Stored data entries:

--- START ---

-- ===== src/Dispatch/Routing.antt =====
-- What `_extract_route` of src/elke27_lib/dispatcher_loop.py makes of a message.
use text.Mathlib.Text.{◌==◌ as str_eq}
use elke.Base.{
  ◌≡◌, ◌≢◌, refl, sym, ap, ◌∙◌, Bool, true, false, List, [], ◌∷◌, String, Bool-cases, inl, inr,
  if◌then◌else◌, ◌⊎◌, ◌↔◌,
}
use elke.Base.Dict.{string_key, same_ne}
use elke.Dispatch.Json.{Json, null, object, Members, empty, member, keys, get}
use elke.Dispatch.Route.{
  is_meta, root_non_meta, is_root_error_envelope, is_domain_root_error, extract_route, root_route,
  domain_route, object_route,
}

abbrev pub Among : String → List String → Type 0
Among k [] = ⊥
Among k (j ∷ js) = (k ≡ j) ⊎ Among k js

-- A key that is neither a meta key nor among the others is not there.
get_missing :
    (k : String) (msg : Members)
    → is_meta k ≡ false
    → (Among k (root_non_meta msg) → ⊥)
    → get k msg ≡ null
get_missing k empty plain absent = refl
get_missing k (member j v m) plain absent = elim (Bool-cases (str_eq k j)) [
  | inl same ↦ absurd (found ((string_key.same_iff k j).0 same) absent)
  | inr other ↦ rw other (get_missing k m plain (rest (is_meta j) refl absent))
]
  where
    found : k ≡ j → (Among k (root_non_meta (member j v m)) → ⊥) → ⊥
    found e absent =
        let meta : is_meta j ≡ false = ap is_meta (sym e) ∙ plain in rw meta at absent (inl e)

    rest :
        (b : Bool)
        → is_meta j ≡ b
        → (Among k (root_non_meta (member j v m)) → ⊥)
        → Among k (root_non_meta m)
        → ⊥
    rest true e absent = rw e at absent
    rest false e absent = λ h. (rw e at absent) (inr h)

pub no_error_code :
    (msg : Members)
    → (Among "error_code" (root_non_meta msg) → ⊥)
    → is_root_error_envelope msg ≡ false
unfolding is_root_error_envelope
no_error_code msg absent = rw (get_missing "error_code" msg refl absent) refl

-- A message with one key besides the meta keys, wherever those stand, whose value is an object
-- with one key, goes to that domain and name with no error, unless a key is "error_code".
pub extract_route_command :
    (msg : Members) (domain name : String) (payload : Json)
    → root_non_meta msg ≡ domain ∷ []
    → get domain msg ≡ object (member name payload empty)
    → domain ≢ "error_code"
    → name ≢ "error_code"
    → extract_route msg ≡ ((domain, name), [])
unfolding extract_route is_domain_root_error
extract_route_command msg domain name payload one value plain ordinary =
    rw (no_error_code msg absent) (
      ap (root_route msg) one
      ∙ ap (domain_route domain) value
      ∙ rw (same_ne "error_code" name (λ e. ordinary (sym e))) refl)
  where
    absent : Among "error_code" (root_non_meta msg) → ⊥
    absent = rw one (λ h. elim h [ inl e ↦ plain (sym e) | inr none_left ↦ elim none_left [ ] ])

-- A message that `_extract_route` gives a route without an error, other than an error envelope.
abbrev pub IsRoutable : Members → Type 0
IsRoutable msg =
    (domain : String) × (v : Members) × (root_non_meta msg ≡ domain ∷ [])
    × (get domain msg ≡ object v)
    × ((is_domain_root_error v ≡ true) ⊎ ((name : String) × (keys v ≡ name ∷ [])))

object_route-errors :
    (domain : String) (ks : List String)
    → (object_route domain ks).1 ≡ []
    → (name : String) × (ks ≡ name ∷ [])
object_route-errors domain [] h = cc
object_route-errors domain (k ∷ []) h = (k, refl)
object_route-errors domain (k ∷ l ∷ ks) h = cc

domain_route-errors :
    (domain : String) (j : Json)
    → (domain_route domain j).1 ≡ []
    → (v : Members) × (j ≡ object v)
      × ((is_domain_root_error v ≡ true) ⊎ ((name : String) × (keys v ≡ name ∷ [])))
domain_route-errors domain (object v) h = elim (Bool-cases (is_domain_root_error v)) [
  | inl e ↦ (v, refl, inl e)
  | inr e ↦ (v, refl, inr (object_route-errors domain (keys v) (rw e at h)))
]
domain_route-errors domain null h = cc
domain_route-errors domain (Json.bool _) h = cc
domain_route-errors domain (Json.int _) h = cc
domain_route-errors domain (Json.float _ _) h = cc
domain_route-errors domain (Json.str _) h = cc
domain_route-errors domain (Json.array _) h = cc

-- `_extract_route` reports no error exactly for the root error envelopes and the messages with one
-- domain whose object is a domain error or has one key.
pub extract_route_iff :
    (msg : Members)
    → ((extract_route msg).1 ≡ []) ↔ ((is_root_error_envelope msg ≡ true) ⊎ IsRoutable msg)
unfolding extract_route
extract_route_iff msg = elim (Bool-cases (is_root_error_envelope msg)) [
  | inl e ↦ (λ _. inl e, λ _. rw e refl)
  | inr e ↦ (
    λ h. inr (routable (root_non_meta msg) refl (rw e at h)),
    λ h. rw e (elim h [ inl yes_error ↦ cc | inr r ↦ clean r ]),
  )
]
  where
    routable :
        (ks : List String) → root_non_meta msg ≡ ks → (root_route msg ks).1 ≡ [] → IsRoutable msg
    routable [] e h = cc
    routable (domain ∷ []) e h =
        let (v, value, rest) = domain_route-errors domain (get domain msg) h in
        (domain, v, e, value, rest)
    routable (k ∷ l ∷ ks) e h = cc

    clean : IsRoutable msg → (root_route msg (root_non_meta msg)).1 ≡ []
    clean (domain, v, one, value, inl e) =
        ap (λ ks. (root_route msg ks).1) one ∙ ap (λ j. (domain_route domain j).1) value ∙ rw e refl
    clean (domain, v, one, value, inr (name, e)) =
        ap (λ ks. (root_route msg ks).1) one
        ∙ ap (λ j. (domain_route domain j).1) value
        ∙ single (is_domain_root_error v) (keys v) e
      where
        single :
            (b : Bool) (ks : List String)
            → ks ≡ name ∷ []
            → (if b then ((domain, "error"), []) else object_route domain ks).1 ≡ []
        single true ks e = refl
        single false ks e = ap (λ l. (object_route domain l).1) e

--- END ---

• **WHAT TO PRODUCE**: Write out the records shown above, exactly as they appear.

• **SOLUTION FOR THIS EXERCISE**:
-- ===== src/Dispatch/Routing.antt =====
-- What `_extract_route` of src/elke27_lib/dispatcher_loop.py makes of a message.
use text.Mathlib.Text.{◌==◌ as str_eq}
use elke.Base.{
  ◌≡◌, ◌≢◌, refl, sym, ap, ◌∙◌, Bool, true, false, List, [], ◌∷◌, String, Bool-cases, inl, inr,
  if◌then◌else◌, ◌⊎◌, ◌↔◌,
}
use elke.Base.Dict.{string_key, same_ne}
use elke.Dispatch.Json.{Json, null, object, Members, empty, member, keys, get}
use elke.Dispatch.Route.{
  is_meta, root_non_meta, is_root_error_envelope, is_domain_root_error, extract_route, root_route,
  domain_route, object_route,
}

abbrev pub Among : String → List String → Type 0
Among k [] = ⊥
Among k (j ∷ js) = (k ≡ j) ⊎ Among k js

-- A key that is neither a meta key nor among the others is not there.
get_missing :
    (k : String) (msg : Members)
    → is_meta k ≡ false
    → (Among k (root_non_meta msg) → ⊥)
    → get k msg ≡ null
get_missing k empty plain absent = refl
get_missing k (member j v m) plain absent = elim (Bool-cases (str_eq k j)) [
  | inl same ↦ absurd (found ((string_key.same_iff k j).0 same) absent)
  | inr other ↦ rw other (get_missing k m plain (rest (is_meta j) refl absent))
]
  where
    found : k ≡ j → (Among k (root_non_meta (member j v m)) → ⊥) → ⊥
    found e absent =
        let meta : is_meta j ≡ false = ap is_meta (sym e) ∙ plain in rw meta at absent (inl e)

    rest :
        (b : Bool)
        → is_meta j ≡ b
        → (Among k (root_non_meta (member j v m)) → ⊥)
        → Among k (root_non_meta m)
        → ⊥
    rest true e absent = rw e at absent
    rest false e absent = λ h. (rw e at absent) (inr h)

pub no_error_code :
    (msg : Members)
    → (Among "error_code" (root_non_meta msg) → ⊥)
    → is_root_error_envelope msg ≡ false
unfolding is_root_error_envelope
no_error_code msg absent = rw (get_missing "error_code" msg refl absent) refl

-- A message with one key besides the meta keys, wherever those stand, whose value is an object
-- with one key, goes to that domain and name with no error, unless a key is "error_code".
pub extract_route_command :
    (msg : Members) (domain name : String) (payload : Json)
    → root_non_meta msg ≡ domain ∷ []
    → get domain msg ≡ object (member name payload empty)
    → domain ≢ "error_code"
    → name ≢ "error_code"
    → extract_route msg ≡ ((domain, name), [])
unfolding extract_route is_domain_root_error
extract_route_command msg domain name payload one value plain ordinary =
    rw (no_error_code msg absent) (
      ap (root_route msg) one
      ∙ ap (domain_route domain) value
      ∙ rw (same_ne "error_code" name (λ e. ordinary (sym e))) refl)
  where
    absent : Among "error_code" (root_non_meta msg) → ⊥
    absent = rw one (λ h. elim h [ inl e ↦ plain (sym e) | inr none_left ↦ elim none_left [ ] ])

-- A message that `_extract_route` gives a route without an error, other than an error envelope.
abbrev pub IsRoutable : Members → Type 0
IsRoutable msg =
    (domain : String) × (v : Members) × (root_non_meta msg ≡ domain ∷ [])
    × (get domain msg ≡ object v)
    × ((is_domain_root_error v ≡ true) ⊎ ((name : String) × (keys v ≡ name ∷ [])))

object_route-errors :
    (domain : String) (ks : List String)
    → (object_route domain ks).1 ≡ []
    → (name : String) × (ks ≡ name ∷ [])
object_route-errors domain [] h = cc
object_route-errors domain (k ∷ []) h = (k, refl)
object_route-errors domain (k ∷ l ∷ ks) h = cc

domain_route-errors :
    (domain : String) (j : Json)
    → (domain_route domain j).1 ≡ []
    → (v : Members) × (j ≡ object v)
      × ((is_domain_root_error v ≡ true) ⊎ ((name : String) × (keys v ≡ name ∷ [])))
domain_route-errors domain (object v) h = elim (Bool-cases (is_domain_root_error v)) [
  | inl e ↦ (v, refl, inl e)
  | inr e ↦ (v, refl, inr (object_route-errors domain (keys v) (rw e at h)))
]
domain_route-errors domain null h = cc
domain_route-errors domain (Json.bool _) h = cc
domain_route-errors domain (Json.int _) h = cc
domain_route-errors domain (Json.float _ _) h = cc
domain_route-errors domain (Json.str _) h = cc
domain_route-errors domain (Json.array _) h = cc

-- `_extract_route` reports no error exactly for the root error envelopes and the messages with one
-- domain whose object is a domain error or has one key.
pub extract_route_iff :
    (msg : Members)
    → ((extract_route msg).1 ≡ []) ↔ ((is_root_error_envelope msg ≡ true) ⊎ IsRoutable msg)
unfolding extract_route
extract_route_iff msg = elim (Bool-cases (is_root_error_envelope msg)) [
  | inl e ↦ (λ _. inl e, λ _. rw e refl)
  | inr e ↦ (
    λ h. inr (routable (root_non_meta msg) refl (rw e at h)),
    λ h. rw e (elim h [ inl yes_error ↦ cc | inr r ↦ clean r ]),
  )
]
  where
    routable :
        (ks : List String) → root_non_meta msg ≡ ks → (root_route msg ks).1 ≡ [] → IsRoutable msg
    routable [] e h = cc
    routable (domain ∷ []) e h =
        let (v, value, rest) = domain_route-errors domain (get domain msg) h in
        (domain, v, e, value, rest)
    routable (k ∷ l ∷ ks) e h = cc

    clean : IsRoutable msg → (root_route msg (root_non_meta msg)).1 ≡ []
    clean (domain, v, one, value, inl e) =
        ap (λ ks. (root_route msg ks).1) one ∙ ap (λ j. (domain_route domain j).1) value ∙ rw e refl
    clean (domain, v, one, value, inr (name, e)) =
        ap (λ ks. (root_route msg ks).1) one
        ∙ ap (λ j. (domain_route domain j).1) value
        ∙ single (is_domain_root_error v) (keys v) e
      where
        single :
            (b : Bool) (ks : List String)
            → ks ≡ name ∷ []
            → (if b then ((domain, "error"), []) else object_route domain ks).1 ≡ []
        single true ks e = refl
        single false ks e = ap (λ l. (object_route domain l).1) e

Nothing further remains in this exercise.